Oleh: Swary Utami Dewi

nusakini.com - Beruntunglah aku hari ini, 27 November 2020, bisa mengunjungi area lokasi Program Pemulihan Ekonomi Nasional (PEN) penanaman mangrove di wilayah Entrop di Distrik Jayapura Selatan, Kota Jayapura, Papua. Sebanyak 10 ha kawasan pesisir di sini ditanami mangrove oleh masyarakat sekitar untuk program ini. Mereka tergabung dalam kelompok Tonggrich Mesi. Dalam bahasa Tobati-Enggros, artinya adalah buah bakau merah. Masyarakat di sini menanami mangrove sebagai bagian dari PEN penanaman mangrove yang dilakukan oleh Balai Pengelolaan DAS dan Hutan Lindung (BPDASHL) Memberamo, bekerja sama dengan Balai Besar Konservasi Sumber Daya Alam (BBKSDA) Papua, Kementerian Lingkungan Hidup dan Kehutanan (KLHK).

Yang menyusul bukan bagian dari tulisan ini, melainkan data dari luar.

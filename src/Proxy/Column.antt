-- ===== src/Proxy/Column.antt =====
-- Proxy/TProxy.cpp: what `ProxyGetColumn` finds for the entries of a column index.
use asiaccs.Base.{ℕ, zero, suc, ◌+◌, ◌*◌, ◌^◌, ◌<◌, bit_xor}
use asiaccs.Base.{◌≡◌, refl, sym, ap, ◌∙◌, ◌≢◌, inl, inr, arith}
use asiaccs.Base.{true, false, Option, some, List, [], ◌∷◌, ◌++◌}
use asiaccs.Base.{leb, ◌==◌, if◌then◌else◌, ==_iff, Bool-cases}
use asiaccs.Base.{length, get_or}
use asiaccs.Base.{tabulate}
use asiaccs.Base.{Outcome, ok}
use asiaccs.Base.{get_or-tabulate_zero}
use asiaccs.Bits.Xor.{xor_cancel_left, xor_injective, xor_self}
use asiaccs.Base.{tabulate_congr}
use asiaccs.Proxy.Services.{Bytes, Backend, word32, concat, counter_bytes}
use asiaccs.Proxy.{
  at_counter, fetch, index_stop_flag, flag_bytes, column_round, counted_loop, proxy_get_column,
}

-- A mask with the zeros after it, and an entry: the flag and a trapdoor under it.
abbrev padded : Bytes → Bytes
padded mask = mask ++ (0 ∷ 0 ∷ 0 ∷ 0 ∷ [])

abbrev hidden_byte : Bytes → Bytes → ℕ → ℕ
hidden_byte mask td i = bit_xor (get_or (padded mask) i 0) (get_or (flag_bytes ++ td) i 0)

abbrev pub hidden : Bytes → Bytes → Bytes
hidden mask td = tabulate 36 0 (hidden_byte mask td)

-- Lists of bytes by their elements.
get_or-append : (xs ys : Bytes) (i : ℕ) → i < length xs → get_or (xs ++ ys) i 0 ≡ get_or xs i 0
get_or-append [] ys i h = absurd (omega (arith, h))
get_or-append (x ∷ xs) ys zero h = refl
get_or-append (x ∷ xs) ys (suc i) h = get_or-append xs ys i (omega (arith, h))

tabulate_shift : (n k : ℕ) (f : ℕ → ℕ) → tabulate n (suc k) f ≡ tabulate n k (λ i. f (suc i))
tabulate_shift zero k f = refl
tabulate_shift (suc n) k f = ap (λ t. f (suc k) ∷ t) (tabulate_shift n (suc k) f)

tabulate-get_or : (xs : Bytes) → tabulate (length xs) 0 (λ i. get_or xs i 0) ≡ xs
tabulate-get_or [] = refl
tabulate-get_or (x ∷ xs) =
    ap (λ t. x ∷ t) (tabulate_shift (length xs) 0 (λ i. get_or (x ∷ xs) i 0) ∙ tabulate-get_or xs)

-- The first word of a mask, and of an entry under it.
abbrev word_of : ℕ → ℕ → ℕ → ℕ → ℕ
word_of a c d e = a + c * 2 ^ 8 + d * 2 ^ 16 + e * 2 ^ 24

abbrev hidden_word : ℕ → ℕ → ℕ → ℕ → ℕ
hidden_word a c d e = word_of (bit_xor a 210) (bit_xor c 2) (bit_xor d 150) (bit_xor e 73)

-- The test `(FLAG == a) ^ b` is passed by every entry, whatever its mask.
test-passes :
    (a c d e : ℕ)
    → (bit_xor (if index_stop_flag == hidden_word a c d e then 1 else 0) (word_of a c d e) == 0)
      ≡ false
test-passes a c d e = elim (Bool-cases (index_stop_flag == hidden_word a c d e)) [
  | inl same ↦ elim (Bool-cases (word_of a c d e == 1)) [
    | inl one ↦
        let is_one : word_of a c d e ≡ 1 = (==_iff _ 1).0 one in
        let xa : a ≡ 1 = omega (arith, is_one) in
        let xc : c ≡ 0 = omega (arith, is_one) in
        let xd : d ≡ 0 = omega (arith, is_one) in
        let xe : e ≡ 0 = omega (arith, is_one) in
        let word : index_stop_flag ≡ hidden_word 1 0 0 0 =
          (==_iff _ _).0 same
          ∙ ap (λ (t : ℕ). hidden_word t c d e) xa
          ∙ ap (λ (t : ℕ). hidden_word 1 t d e) xc
          ∙ ap (λ (t : ℕ). hidden_word 1 0 t e) xd
          ∙ ap (λ (t : ℕ). hidden_word 1 0 0 t) xe in
        absurd (omega (arith, word))
    | inr other ↦ rw same (nonzero 1 (word_of a c d e) (ground (arith, other)))
  ]
  | inr apart ↦ elim (Bool-cases (word_of a c d e == 0)) [
    | inl empty ↦
        let is_zero : word_of a c d e ≡ 0 = (==_iff _ 0).0 empty in
        let xa : a ≡ 0 = omega (arith, is_zero) in
        let xc : c ≡ 0 = omega (arith, is_zero) in
        let xd : d ≡ 0 = omega (arith, is_zero) in
        let xe : e ≡ 0 = omega (arith, is_zero) in
        let word : hidden_word a c d e ≡ index_stop_flag =
          ap (λ (t : ℕ). hidden_word t c d e) xa
          ∙ ap (λ (t : ℕ). hidden_word 0 t d e) xc
          ∙ ap (λ (t : ℕ). hidden_word 0 0 t e) xd
          ∙ ap (λ (t : ℕ). hidden_word 0 0 0 t) xe in
        absurd (ground (arith, apart, word))
    | inr other ↦ rw apart (nonzero 0 (word_of a c d e) (ground (arith, other)))
  ]
]
  where
    nonzero : (x y : ℕ) → x ≢ y → (bit_xor x y == 0) ≡ false
    nonzero x y different = elim (Bool-cases (bit_xor x y == 0)) [
      | inl z ↦ absurd (different (xor_injective x y y ((==_iff _ 0).0 z ∙ sym (xor_self y))))
      | inr f ↦ f
    ]

-- The mask takes itself off.
unmasked :
    (mask td : Bytes)
    → length td ≡ 32
    → tabulate 32 0
        (λ i. bit_xor (get_or (padded mask) (4 + i) 0) (get_or (hidden mask td) (4 + i) 0))
      ≡ td
unmasked mask td size =
    tabulate_congr 32 0
      (λ i. bit_xor (get_or (padded mask) (4 + i) 0) (get_or (hidden mask td) (4 + i) 0))
      (λ i. get_or td i 0)
      (λ i l h.
        let later : 4 + i ≡ suc (suc (suc (suc i))) = omega arith in
        ap (bit_xor (get_or (padded mask) (4 + i) 0))
          (get_or-tabulate_zero 36 (4 + i) (hidden_byte mask td) 0 (omega (arith, h)))
        ∙ xor_cancel_left (get_or (padded mask) (4 + i) 0) (get_or (flag_bytes ++ td) (4 + i) 0)
        ∙ ap (λ (k : ℕ). get_or (flag_bytes ++ td) k 0) later)
    ∙ ap (λ (n : ℕ). tabulate n 0 (λ i. get_or td i 0)) (sym size)
    ∙ tabulate-get_or td

module _ ⦃b : Backend⦄ (s : b.Store) (index_trapdoor index_mask : Bytes) where
  -- A round on an entry that is hidden under its mask.
  column_round-entry :
      (c : ℕ) (td : Bytes)
      → length td ≡ 32
      → b.pool_get s (at_counter index_trapdoor c) ≡ hidden (at_counter index_mask c) td
      → column_round s index_trapdoor index_mask c ≡ ok (some (fetch s td))
  unfolding column_round word32
  column_round-entry c td size entry =
      let mask = at_counter index_mask c in
      let long : length mask ≡ 32 = b.hmac_length (counter_bytes c) index_mask in
      let at = λ (i : ℕ). get_or mask i 0 in
      let some_mask : leb 4 (length mask + 1) ≡ true = ground (arith, long) in
      let front : (i : ℕ) → i < 32 → get_or (padded mask) i 0 ≡ at i =
        λ i h. get_or-append mask (0 ∷ 0 ∷ 0 ∷ 0 ∷ []) i (omega (arith, h, long)) in
      let f0 = front 0 (omega arith) in
      let f1 = front 1 (omega arith) in
      let f2 = front 2 (omega arith) in
      let f3 = front 3 (omega arith) in
      let test = test-passes (at 0) (at 1) (at 2) (at 3) in
      let found = unmasked mask td size in rw (entry, some_mask, f0, f1, f2, f3, test, found) refl

-- The loop puts together what its rounds give when each of them goes on.
counted_loop-rounds :
    (round : ℕ → Outcome (Option (List Bytes))) (out : ℕ → List Bytes) (left c : ℕ)
    → ((i : ℕ) → i < c + left → round i ≡ ok (some (out i)))
    → counted_loop round left c ≡ ok (concat (tabulate left c out))
unfolding counted_loop concat
counted_loop-rounds round out zero c runs = refl
counted_loop-rounds round out (suc left) c runs =
    let next : counted_loop round left (c + 1) ≡ ok (concat (tabulate left (suc c) out)) =
      ap (counted_loop round left) (omega arith)
      ∙ counted_loop-rounds round out left (suc c) (λ i h. runs i (omega (arith, h))) in
    rw (runs c (omega arith), next) refl

module _ ⦃b : Backend⦄ where
  -- On a column index with `num` entries from counter 0 on, each hidden under its mask,
  -- `ProxyGetColumn` returns the data of all of them in order.
  pub proxy_get_column-entries :
      (s : b.Store) (index_trapdoor index_mask : Bytes) (td : ℕ → Bytes) (num : ℕ)
      → ((i : ℕ) → length (td i) ≡ 32)
      → ((i : ℕ)
          → i < num
          → b.pool_get s (at_counter index_trapdoor i) ≡ hidden (at_counter index_mask i) (td i))
      → proxy_get_column s index_trapdoor index_mask num
        ≡ ok (concat (tabulate num 0 (λ i. fetch s (td i))))
  unfolding proxy_get_column
  proxy_get_column-entries s index_trapdoor index_mask td num size entries =
      counted_loop-rounds (column_round s index_trapdoor index_mask) (λ i. fetch s (td i)) num 0
        (λ i h.
          column_round-entry s index_trapdoor index_mask i (td i) (size i)
            (entries i (omega (arith, h))))
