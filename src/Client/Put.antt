-- ===== src/Client/Put.antt =====
-- Client/ClientCpp.cpp: `Put`.
use asiaccs.Base.{ℕ, ◌+◌, ◌*◌, ◌/◌, ◌^◌}
use asiaccs.Base.{Bool, ◌||◌, not, none, some, [], ◌++◌}
use asiaccs.Base.{leb, ◌==◌, if◌then◌else◌}
use asiaccs.Base.{length}
use asiaccs.Base.{Outcome, ok, fault, ◌>>=◌, ◌>>◌, require}
use asiaccs.Base.{ltb}
use asiaccs.Proxy.Services.{Bytes, Backend}
use asiaccs.Proxy.{proxy_put}
use asiaccs.Fastore.Platform.{Platform}
use asiaccs.Fastore.Helper.{create_right}
use asiaccs.Client.Routing.{query}
use asiaccs.Client.{ClientCpp, bump, word_at, put_route, trapdoor, max_tdvalue_size}
use asiaccs.Client.{column_entry, equal_v1_entry, equal_v2_entry, order_entry}

-- Which indexes a row goes to.
pub record PutFlags : Type 0 where
  pub column_index : Bool
  pub equal_index_v1 : Bool
  pub equal_index_v2 : Bool
  pub ore_index : Bool

-- DEMO_SERVER_NUM, the length of the arrays of counters.
abbrev pub demo_server_num : ℕ
demo_server_num = 9

-- DEF_ORERIGHT_MAXSIZE and DEF_ORELEFT_MAXSIZE
abbrev pub max_ore_right : ℕ
max_ore_right = 32 + 64 / 8 * 2 ^ 8 * 32 / 2

abbrev pub max_ore_left : ℕ
max_ore_left = (32 + 32 + 32 / 8) * 32 / 2

module _ ⦃b : Backend⦄ where
  -- `ProxyPut(key, value, "", "")`
  abbrev pub send : b.Store → Bytes × Bytes → b.Store
  send s kv = proxy_put s kv.0 kv.1 [] []

  -- A client and the store of the server that it talks to.
  abbrev pub Session : Type 0
  Session = ClientCpp × b.Store

  unfoldable pub put_column : ℕ → Bytes → Bytes → Bytes → Session → Session
  unfolding column_entry
  put_column id table col td (client, s) =
      let c = client.column_counter id (table ++ col) in
      (
        record client { column_counter = bump client.column_counter id (table ++ col) },
        send s (column_entry client.keys table col td c),
      )

  unfoldable pub put_equal_v1 : ℕ → Bytes → Bytes → Bytes → Bytes → Session → Session
  unfolding equal_v1_entry
  put_equal_v1 id table col val td (client, s) =
      let c = client.equal_v1_counter id (table ++ col) in
      (
        record client { equal_v1_counter = bump client.equal_v1_counter id (table ++ col) },
        send s (equal_v1_entry client.keys table col val td c),
      )

  unfoldable pub put_equal_v2 : ℕ → Bytes → Bytes → Bytes → Bytes → Session → Session
  unfolding equal_v2_entry
  put_equal_v2 id table col val td (client, s) =
      let label = b.hmac client.keys.pk8 ((table ++ col) ++ val) in
      let c = client.equal_v2_counter id label in
      (
        record client { equal_v2_counter = bump client.equal_v2_counter id label },
        send s (equal_v2_entry client.keys table col val td c),
      )

  -- The right part comes from `OREHelper::CreateRight`, with the room of `m_szOreRight`.
  unfoldable pub put_order :
      ⦃p : Platform⦄ → Bool → ℕ → Bytes → Bytes → Bytes → Bytes → Session → Outcome Session
  unfolding order_entry
  put_order allocated id table col val td (client, s) = do
    require (leb 4 (length val))
    let c = client.order_counter id (table ++ col)
    let made =
        create_right allocated client.prg client.ore_helper max_ore_right table col c
          (word_at val 0)
    done ← made.0
    let counted = bump client.order_counter id (table ++ col)
    ok (
      record client { order_counter = counted; ore_helper = done.1; prg = made.1 },
      send s (order_entry client.keys table col done.0 td c),
    )

  -- `Put` on the chosen server: the indexes asked for, then the data. The counters are looked up
  -- without a check of the server, and the value is copied into `m_szTDValue` without one of its size. `encrypt` is `m_Encrypt` under `m_szPk5`, and
  -- `allocated` says that `malloc` succeeds.
  unfoldable pub put_on :
      ⦃p : Platform⦄
      → (Bytes → Bytes → Bytes)
      → Bool
      → ℕ
      → PutFlags
      → Bytes
      → Bytes
      → Bytes
      → Bytes
      → Session
      → Outcome Session
  unfolding trapdoor
  put_on encrypt allocated id flags table key col val session = do
    let td = trapdoor session.0.keys table key col
    let copied = flags.equal_index_v1 || flags.equal_index_v2
    let counted = flags.column_index || copied || flags.ore_index
    require (not counted || ltb id demo_server_num)
    require (not copied || leb (length (table ++ col) + length val) max_tdvalue_size)
    let s1 = if flags.column_index then put_column id table col td session else session
    let s2 = if flags.equal_index_v1 then put_equal_v1 id table col val td s1 else s1
    let s3 = if flags.equal_index_v2 then put_equal_v2 id table col val td s2 else s2
    s4 ← if flags.ore_index then put_order allocated id table col val td s3 else ok s3
    ok (s4.0, send s4.1 (td, encrypt session.0.keys.pk5 val))

  -- `Put`: the ring names the server; the others keep their stores.
  unfoldable pub put :
      ⦃p : Platform⦄
      → (Bytes → Bytes → Bytes)
      → Bool
      → PutFlags
      → Bytes
      → Bytes
      → Bytes
      → Bytes
      → ClientCpp
      → (ℕ → b.Store)
      → Outcome (ClientCpp × (ℕ → b.Store))
  unfolding put_on trapdoor
  put encrypt allocated flags table key col val client servers = do
    let td = trapdoor client.keys table key col
    id ← elim (query client.ring (put_route td)) [ none ↦ fault | some node ↦ ok node ]
    done ← put_on encrypt allocated id flags table key col val (client, servers id)
    ok (done.0, λ i. if i == id then done.1 else servers i)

Salah satu yang terlibat adalah pelestari mangrove sejak lama, Pak Pituiri, usia 60 tahunan. Pak Pit sejak kecil tidak bisa mendengar dan berbicara. Pak Pit sendiri bukan orang asli Kampung Entrop. Ia berasal dari Pulau Serui. Orangtuanya pindah ke wilayah Jayapura sejak ia masih berusia anak-anak. Dari kecil ia membantu orangtua menjadi nelayan di pesisir. Masyarakat asli Kampung Tobati, yang wilayahnya juga mencakup Entrop, relatif mudah menerima kedatangan suku lain untuk tinggal di wilayahnya. Karena itulah, Pit dan banyak pendatang lainnya bisa menetap dan diterima sebagai orang lokal di Kampung Entrop.


Dengan caranya sendiri, Pit sejak 1997 telah bertanam mangrove sendiri. Ia juga mengajarkan cara memilih bibit dan bertanam mangrove yang benar kepada masyarakat lain. Bagi Pit, bertanam mangrove adalah panggilan jiwa. Tidak ada yang lebih penting baginya selain menanam dan merawat mangrove.